赵括身子蹲下,手指抓住顺着脖颈一直向下,骨骼完好,不是外伤,掀开眼皮,同样没有任何中毒迹象,嘴巴张大,最后一刻是否想要说什么,还是其他原因,停在那毒蝎又能说明什么,进入巴蜀,很多事都无法用科学解释。
“是蛊?”
陆英摇头,“如果是蛊,毒蝎必然可以查出,应该是其他方法杀人,至于如何下手不得而知。”
“阿花醒了。”
“走。”
远远听到哭声,赵括脸上露出笑意,哭并非是坏事,尤其是遇到这种事,那是用来宣泄最好方式,怕的就是情绪不停堆积,最后整个人陷入崩溃,医道同样如此,情绪至关重要,多少病痛最后靠的不是药物而是身体本身。
“看看谁来了。”
阿花抬头,陆灵快行几步,昔日村寨要好姐妹,“阿灵姐。”
“阿花妹妹。”陆灵身子接近,阿花依偎在陆灵怀里,后背不停颤抖,想到惨死阿牛泪水有如断线珠子一般落下。
“哭出来就好了。”
“多谢这位恩人。”
阿花爹跪在赵括面前,看似无意一下救了阿花,赵括连忙扶起,“能够让她最后走出来的人是你们的亲情。”

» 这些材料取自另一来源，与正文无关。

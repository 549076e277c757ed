-- ===== src/Keypool/Budget/Periods.antt =====
-- The periods of a monthly budget: `periodStart` and `nextReset` cut time into one period a month.
use keypooler.Base.{
  ℕ, suc, ◌-◌, ◌≤◌, ◌<◌, ◌≡◌, sym, ap, ◌∙◌, inl, inr, some, arith, ltb, Bool-cases,
}
use keypooler.Base.Int.{pos}
use keypooler.Time.Calendar.{date, month_of, next_month, previous_month}
use keypooler.Time.Calendar.Months.{
  reset_at, date-reset_at, next_month-reset_at, previous_month-reset_at, reset_at_next,
  reset_at_before, reset_at_mono, tri, second_month, month_of-pos,
}
use keypooler.Db.{Budget}
use keypooler.Keypool.Budget.{reset_before, period_start, reset_after, next_reset}

-- `now` lies in the period that the reset of month `n` opens.
abbrev pub InPeriod : ℕ → ℕ → ℕ → Type 0
InPeriod d n now = (reset_at n d ≤ now) × (now < reset_at (suc n) d)

-- An instant lies in one period only.
InPeriod-unique : (d m n now : ℕ) → InPeriod d m now → InPeriod d n now → m ≡ n
InPeriod-unique d m n now a b = elim (tri m n) [
  | inl e ↦ e
  | inr (inl h) ↦ absurd (omega (arith, reset_at_mono (suc m) n d h))
  | inr (inr h) ↦ absurd (omega (arith, reset_at_mono (suc n) m d h))
]

module _ (d : ℕ) (low : 1 ≤ d) (high : d ≤ 28) where
  -- `reset_before` finds the last reset that is not after `now`.
  abbrev Opens : ℕ → Type 0
  Opens now = (m : ℕ) × (reset_before (pos d) now ≡ reset_at m d) × InPeriod d m now

  reset_before-Opens : (now n : ℕ) → month_of now ≡ suc n → Opens now
  unfolding reset_before
  reset_before-Opens now n e = elim (Bool-cases (ltb now (date (month_of now) (pos d)))) [
    | inl early ↦ (
      n,
      rw early (
          ap previous_month start
          ∙ previous_month-reset_at (suc n) d low high
          ∙ ap (λ k. reset_at k d) {x = suc n - 1} {y = n} (omega arith)),
      (reset_at_before n d low high now e, ground (arith, start)),
    )
    | inr late ↦
        (suc n, rw late start, (ground (arith, start), reset_at_next (suc n) d low high now e))
  ]
    where
      start : date (month_of now) (pos d) ≡ reset_at (suc n) d
      start = ap (λ m. date m (pos d)) e ∙ date-reset_at (suc n) d low high

  opens : (now : ℕ) → second_month ≤ now → Opens now
  opens now h = reset_before-Opens now (month_of now - 1) (month_of-pos now h)

-- The period of `now` that starts at `start`: what the three operations on it say.
pub record Cuts (b : Budget) (now : ℕ) (next : ℕ) : Type 0 where
  pub reset : next_reset b now ≡ some next
  pub started : period_start b now ≤ now
  pub ends : now < next
  pub same :
      (t : ℕ)
      → second_month ≤ t
      → period_start b now ≤ t
      → t < next
      → period_start b t ≡ period_start b now
  pub later : (t : ℕ) → second_month ≤ t → next ≤ t → next ≤ period_start b t

module _ (b : Budget) (d : ℕ) (monthly : b.reset_day ≡ some (pos d)) (low : 1 ≤ d)
    (high : d ≤ 28) where
  monthly_start : (now : ℕ) → period_start b now ≡ reset_before (pos d) now
  unfolding period_start
  monthly_start now = rw (monthly, period_start)

  monthly_next : (now : ℕ) → next_reset b now ≡ some (next_month (period_start b now))
  unfolding next_reset
  monthly_next now = ap (λ o. reset_after o (period_start b now)) monthly

  period_opens :
      (now : ℕ)
      → second_month ≤ now
      → (m : ℕ) × (period_start b now ≡ reset_at m d) × InPeriod d m now
  period_opens now h =
      let (m, starts, inside) = opens d low high now h in (m, monthly_start now ∙ starts, inside)

  same_period : (m t : ℕ) → second_month ≤ t → InPeriod d m t → period_start b t ≡ reset_at m d
  same_period m t h inside =
      let (n, starts, inside') = period_opens t h in
      starts ∙ ap (λ k. reset_at k d) (InPeriod-unique d n m t inside' inside)

  later_period :
      (m t : ℕ) → second_month ≤ t → reset_at (suc m) d ≤ t → reset_at (suc m) d ≤ period_start b t
  later_period m t h from =
      let (n, starts, inside) = period_opens t h in
      elim (tri m n) [
        | inl e ↦ absurd (omega (arith, inside.1, ap (λ k. reset_at (suc k) d) e))
        | inr (inl lt) ↦ omega (arith, starts, reset_at_mono (suc m) n d lt)
        | inr (inr gt) ↦
            absurd (omega (arith, inside.1, reset_at_mono (suc n) (suc m) d (omega arith)))
      ]

-- Monthly budgets cut time into periods: the period of `now` has begun and its next reset is still to
-- come; an instant has the same period start exactly within it, and from the next reset on the
-- period starts no earlier than that reset. For a reset day from 1 to 28, and instants after January of
-- year 1.
pub period_start-Cuts :
    (b : Budget) (d now : ℕ)
    → b.reset_day ≡ some (pos d)
    → 1 ≤ d
    → d ≤ 28
    → second_month ≤ now
    → (next : ℕ) × Cuts b now next
period_start-Cuts b d now monthly low high h =
    let (m, starts, inside) = period_opens b d monthly low high now h in
    (
      reset_at (suc m) d,
      record {
        reset =
            monthly_next b d monthly low high now
            ∙ ap some (ap next_month starts ∙ next_month-reset_at m d low high);
        started = omega (arith, starts, inside.0);
        ends = inside.1;
        same = λ t ht from to.
            same_period b d monthly low high m t ht (omega (arith, starts), to) ∙ sym starts;
        later = λ t ht from. later_period b d monthly low high m t ht from;
      },
    )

“不要哭,我和哥哥就是要找出凶手为阿牛报仇,告诉我,那晚究竟发生什么?”赵括使了一个眼色,沐尘等人快速退出,有些事女人之间说起来更容易一些,有外人在场反而别扭。
“火,是火,蓝色的火,一下子烧起来。”
阿花眼神一变,那一刻仿佛再一次回到密林,身子一阵战栗,“没事,有我在,没有人可以伤害你。”陆灵眼见阿花眼睛睁大,身体不停颤抖不停安慰。
阿花再次安静下来,只能眼睁睁看着心爱男人被火无情烧死,眼泪不停流下,“从阿牛哥嘴里吐出蓝色火焰!”
“蓝色火焰!”
阿花用力点头,“虽然当时已经黑了,还是可以看清,火焰是蓝色,而且很冷,冷得令人身上发寒!”
“火是热的,除非阿花看到的不是火。”
不是火又能是什么,至于那道莫名白色影子,阿花根本没有看到,看到的两个男人此时成为冰冷尸体。
“何伯是如何死的?”
“和小牛差不多,当时听巫师那么一说,加上没有家人也就草草埋了,现在想想,两个人死状几乎相同,真是奇怪。”